▶ _Your task_
Find the line containing "pub record Row : Type 0 where" in the entries below. Restate it and each line after it, word for word, up to and including the line containing "pub attempt : ℤ".

Collected data entries
────────────────────────────────────────

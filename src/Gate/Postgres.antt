-- ===== src/Gate/Postgres.antt =====
-- internal/application/gate/postgres_repository.go, and insertAuditTx: the repository on a database.
-- The database is a parameter over its contents `W`; a transaction works on a copy of the contents,
-- which the commit takes over and a rollback forgets. A statement is a field of `Sql`.
pub mod Audit
pub mod Laws
pub mod Atomic
pub mod Written
pub mod Refinement
use keelmesh.Prelude.{
  ℕ, String, Bool, true, false, not, Map, Option, none, some, List, [], ◌∷◌, eqb, is_empty, ℤ, ◌==◌,
  if◌then◌else◌, Result, ok, err, Error, wrap, ◌>>=◌,
}
use keelmesh.Gate.Types.{TaskRecord, TaskEntry, AuditEvent}
use keelmesh.Gate.Store.{TaskRepository}

-- A row of `keelmesh_gate_tasks`, but for its key and its dates; the metadata is a JSON text.
pub record Row : Type 0 where
  pub channel_id : String
  pub target_id : String
  pub content : String
  pub metadata : String
  pub error : String
  pub result : String
  pub progress : String
  pub progress_state : String
  pub state : String
  pub last_sequence : ℤ
  pub last_event_id : String
  pub attempt : ℤ
  pub max_attempts : ℤ
  pub max_wall_time_ms : ℤ
  pub require_approval : Bool
  pub approval_granted : Bool

unfoldable pub row_of : String → TaskRecord → Row
row_of text t = record {
  channel_id = t.channel_id;
  target_id = t.target_id;
  content = t.content;
  metadata = text;
  error = t.error;
  result = t.result;
  progress = t.progress;
  progress_state = t.progress_state;
  state = t.state;
  last_sequence = t.last_sequence;
  last_event_id = t.last_event_id;
  attempt = t.attempt;
  max_attempts = t.max_attempts;
  max_wall_time_ms = t.max_wall_time_ms;
  require_approval = t.require_approval;
  approval_granted = t.approval_granted;
}

-- The record that `Scan` fills from a row.
unfoldable pub task_of_row : Map String → Row → TaskRecord
task_of_row metadata r = record {
  channel_id = r.channel_id;
  target_id = r.target_id;
  content = r.content;
  metadata = metadata;
  error = r.error;
  result = r.result;
  progress = r.progress;
  progress_state = r.progress_state;
  state = r.state;
  last_sequence = r.last_sequence;
  last_event_id = r.last_event_id;
  attempt = r.attempt;
  max_attempts = r.max_attempts;
  max_wall_time_ms = r.max_wall_time_ms;
  require_approval = r.require_approval;
  approval_granted = r.approval_granted;
}

-- `json.Marshal` and `json.Unmarshal` of metadata.
pub record Codec : Type 0 where
  pub marshal : Map String → Result String
  pub unmarshal : String → Result (Map String)

-- The statements of the file. A query for no row answers `ok none`; a listing answers its scanned
-- rows and the error of `rows.Err`.
pub record Sql (W : Type 0) : Type 0 where
  pub begin : W → Option Error
  pub commit : W → W → W × Option Error
  pub lock : W → String → Option Error
  pub select_state : W → String → Result (Option String)
  pub select_task : W → String → Result (Option Row)
  pub select_by_state : W → List String → Result (List (Result (String × Row)) × Option Error)
  pub insert_task : W → String → Row → W × Option Error
  pub update_task : W → String → Row → W × Option Error
  pub upsert_task : W → String → Row → W × Option Error
  pub insert_audit : W → AuditEvent → W × Option Error

-- The event that `insertAuditTx` writes, with the answers of `uuid.NewString` and of the clock.
unfoldable pub dated : String → ℕ → AuditEvent → AuditEvent
dated uuid now event = record event {
  id = if event.id == "" then uuid else event.id;
  occurred_at = if eqb event.occurred_at 0 then now else event.occurred_at;
}

-- An answer with its error wrapped.
abbrev pub wrapped : {W : Type 0} → String → List String → W × Option Error → W × Option Error
wrapped text args (w, none) = (w, none)
wrapped text args (w, some e) = (w, some (wrap text args e))

-- The next statement, unless the one before it failed.
abbrev pub and_then : {W : Type 0} → W × Option Error → (W → W × Option Error) → W × Option Error
and_then (w, none) next = next w
and_then (w, some e) next = (w, some e)

-- Whether a transition was applied.
abbrev pub answered : {W : Type 0} → W × Option Error → W × Bool × Option Error
answered (w, none) = (w, true, none)
answered (w, some e) = (w, false, some e)

module _ {W : Type 0} (codec : Codec) (sql : Sql W) (uuid : String) (now : ℕ) where
  -- The end of a transaction on `w` that has come to `tx`: a rollback, or the commit.
  abbrev pub finish_tx : W → W × Option Error → String → W × Option Error
  finish_tx w (tx, some e) text = (w, some e)
  finish_tx w (tx, none) text = wrapped text [] (sql.commit w tx)

  -- `insertAuditTx`.
  unfoldable pub insert_audit_tx : W → AuditEvent → W × Option Error
  unfolding dated
  insert_audit_tx tx event =
      wrapped "gatecore: insert audit in task transaction: %w" []
        (sql.insert_audit tx (dated uuid now event))

  -- `if enqueue != nil { … }`.
  abbrev pub enqueue_in_tx : Option (W → W × Option Error) → W → W × Option Error
  enqueue_in_tx none tx = (tx, none)
  enqueue_in_tx (some enqueue) tx =
      wrapped "gatecore: enqueue transition delivery: %w" [] (enqueue tx)

  -- The writes of an audited transition.
  unfoldable pub write_transition :
      W → String → Row → AuditEvent → Option (W → W × Option Error) → W × Option Error
  unfolding insert_audit_tx
  write_transition w id row event enqueue =
      and_then
        (and_then (wrapped "gatecore: write audited transition: %w" [] (sql.update_task w id row))
          (λ tx. insert_audit_tx tx event))
        (enqueue_in_tx enqueue)

  -- `transitionWithAudit`, once the transaction holds the lock.
  unfoldable pub transition_locked :
      W
      → String
      → String
      → Row
      → AuditEvent
      → Option (W → W × Option Error)
      → W × Bool × Option Error
  unfolding write_transition
  transition_locked w id expected row event enqueue = elim (sql.select_state w id) [
    | err e ↦ (w, false, some (wrap "gatecore: read audited transition state: %w" [] e))
    | ok none ↦ (w, false, none)
    | ok (some state) ↦
        if not (state == expected)
        then (w, false, none)
        else answered (
            finish_tx w (write_transition w id row event enqueue)
              "gatecore: commit audited transition: %w")
  ]

  -- `transitionWithAudit`.
  unfoldable pub transition_and_audit :
      W
      → String
      → String
      → TaskRecord
      → AuditEvent
      → Option (W → W × Option Error)
      → W × Bool × Option Error
  unfolding transition_locked row_of
  transition_and_audit w id expected task event enqueue = elim (codec.marshal task.metadata) [
    | err e ↦ (w, false, some (wrap "gatecore: encode transition task %q metadata: %w" (id ∷ []) e))
    | ok text ↦ elim (sql.begin w) [
      | some e ↦ (w, false, some (wrap "gatecore: begin audited transition: %w" [] e))
      | none ↦ elim (sql.lock w id) [
        | some e ↦ (w, false, some (wrap "gatecore: lock audited transition: %w" [] e))
        | none ↦ transition_locked w id expected (row_of text task) event enqueue
      ]
    ]
  ]

  -- `Transition`, once the transaction holds the lock.
  unfoldable pub plain_locked : W → String → String → Row → W × Bool × Option Error
  plain_locked w id expected row = elim (sql.select_state w id) [
    | err e ↦ (w, false, some (wrap "gatecore: read task transition state: %w" [] e))
    | ok none ↦ (w, false, none)
    | ok (some state) ↦
        if not (state == expected)
        then (w, false, none)
        else answered (
            finish_tx w
              (wrapped "gatecore: write task transition: %w" [] (sql.update_task w id row))
              "gatecore: commit task transition: %w")
  ]

  unfoldable pub transition : W → String → String → TaskRecord → W × Bool × Option Error
  unfolding plain_locked row_of
  transition w id expected task = elim (codec.marshal task.metadata) [
    | err e ↦ (w, false, some (wrap "gatecore: encode transition task %q metadata: %w" (id ∷ []) e))
    | ok text ↦ elim (sql.begin w) [
      | some e ↦ (w, false, some (wrap "gatecore: begin task transition: %w" [] e))
      | none ↦ elim (sql.lock w id) [
        | some e ↦ (w, false, some (wrap "gatecore: lock task transition: %w" [] e))
        | none ↦ plain_locked w id expected (row_of text task)
      ]
    ]
  ]

  unfoldable pub create_with_audit : W → String → TaskRecord → AuditEvent → W × Option Error
  unfolding insert_audit_tx row_of
  create_with_audit w id task event = elim (codec.marshal task.metadata) [
    | err e ↦ (w, some (wrap "gatecore: encode task %q metadata: %w" (id ∷ []) e))
    | ok text ↦ elim (sql.begin w) [
      | some e ↦ (w, some (wrap "gatecore: begin task creation: %w" [] e))
      | none ↦
          finish_tx w
            (and_then
              (wrapped "gatecore: create task: %w" [] (sql.insert_task w id (row_of text task)))
              (λ tx. insert_audit_tx tx event))
            "gatecore: commit task creation: %w"
    ]
  ]

  unfoldable pub put : W → String → TaskRecord → W × Option Error
  unfolding row_of
  put w id task = elim (codec.marshal task.metadata) [
    | err e ↦ (w, some (wrap "gatecore: encode task %q metadata: %w" (id ∷ []) e))
    | ok text ↦
        wrapped "gatecore: put task %q: %w" (id ∷ []) (sql.upsert_task w id (row_of text task))
  ]

  -- `if len(metadata) > 0 { … }`.
  unfoldable pub decode : String → Result (Map String)
  decode text = if text == "" then ok [] else codec.unmarshal text

  unfoldable pub get : W → String → Result (Option TaskRecord)
  unfolding decode task_of_row
  get w id = elim (sql.select_task w id) [
    | err e ↦ err (wrap "gatecore: get task %q: %w" (id ∷ []) e)
    | ok none ↦ ok none
    | ok (some row) ↦ elim (decode row.metadata) [
      | err e ↦ err (wrap "gatecore: decode task %q metadata: %w" (id ∷ []) e)
      | ok metadata ↦ ok (some (task_of_row metadata row))
    ]
  ]

  -- The loop of `ListByState` over the rows.
  unfoldable pub scan_rows : List (Result (String × Row)) → Option Error → Result (List TaskEntry)
  unfolding task_of_row
  scan_rows [] none = ok []
  scan_rows [] (some e) = err (wrap "gatecore: iterate recoverable tasks: %w" [] e)
  scan_rows (err e ∷ rest) failure = err (wrap "gatecore: scan recoverable task: %w" [] e)
  scan_rows (ok (id, row) ∷ rest) failure =
      let more = scan_rows rest failure in
      elim (codec.unmarshal row.metadata) [
        | err e ↦ err (wrap "gatecore: decode recoverable task %q metadata: %w" (id ∷ []) e)
        | ok metadata ↦
            more >>= λ entries. ok (record { id = id; task = task_of_row metadata row } ∷ entries)
      ]

  unfoldable pub list_by_state : W → List String → Result (List TaskEntry)
  unfolding scan_rows
  list_by_state w states = if is_empty states then ok [] else elim (sql.select_by_state w states) [
    | err e ↦ err (wrap "gatecore: list tasks by state: %w" [] e)
    | ok (rows, failure) ↦ scan_rows rows failure
  ]

  -- `PostgresTaskRepository`, for one call.
  unfoldable pub postgres_repository : TaskRepository W
  unfolding get put list_by_state transition transition_and_audit create_with_audit
  postgres_repository = record {
    get = get;
    put = put;
    list_by_state = list_by_state;
    transitioner = some transition;
    audited = some (record {
      transition_with_audit =
          λ w id expected task event. transition_and_audit w id expected task event none;
      create_with_audit = create_with_audit;
    });
    transactional = some λ w id expected task event enqueue.
        transition_and_audit w id expected task event (some enqueue);
  }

────────────────────────────────────────

▶ _Output below_
pub record Row : Type 0 where
  pub channel_id : String
  pub target_id : String
  pub content : String
  pub metadata : String
  pub error : String
  pub result : String
  pub progress : String
  pub progress_state : String
  pub state : String
  pub last_sequence : ℤ
  pub last_event_id : String
  pub attempt : ℤ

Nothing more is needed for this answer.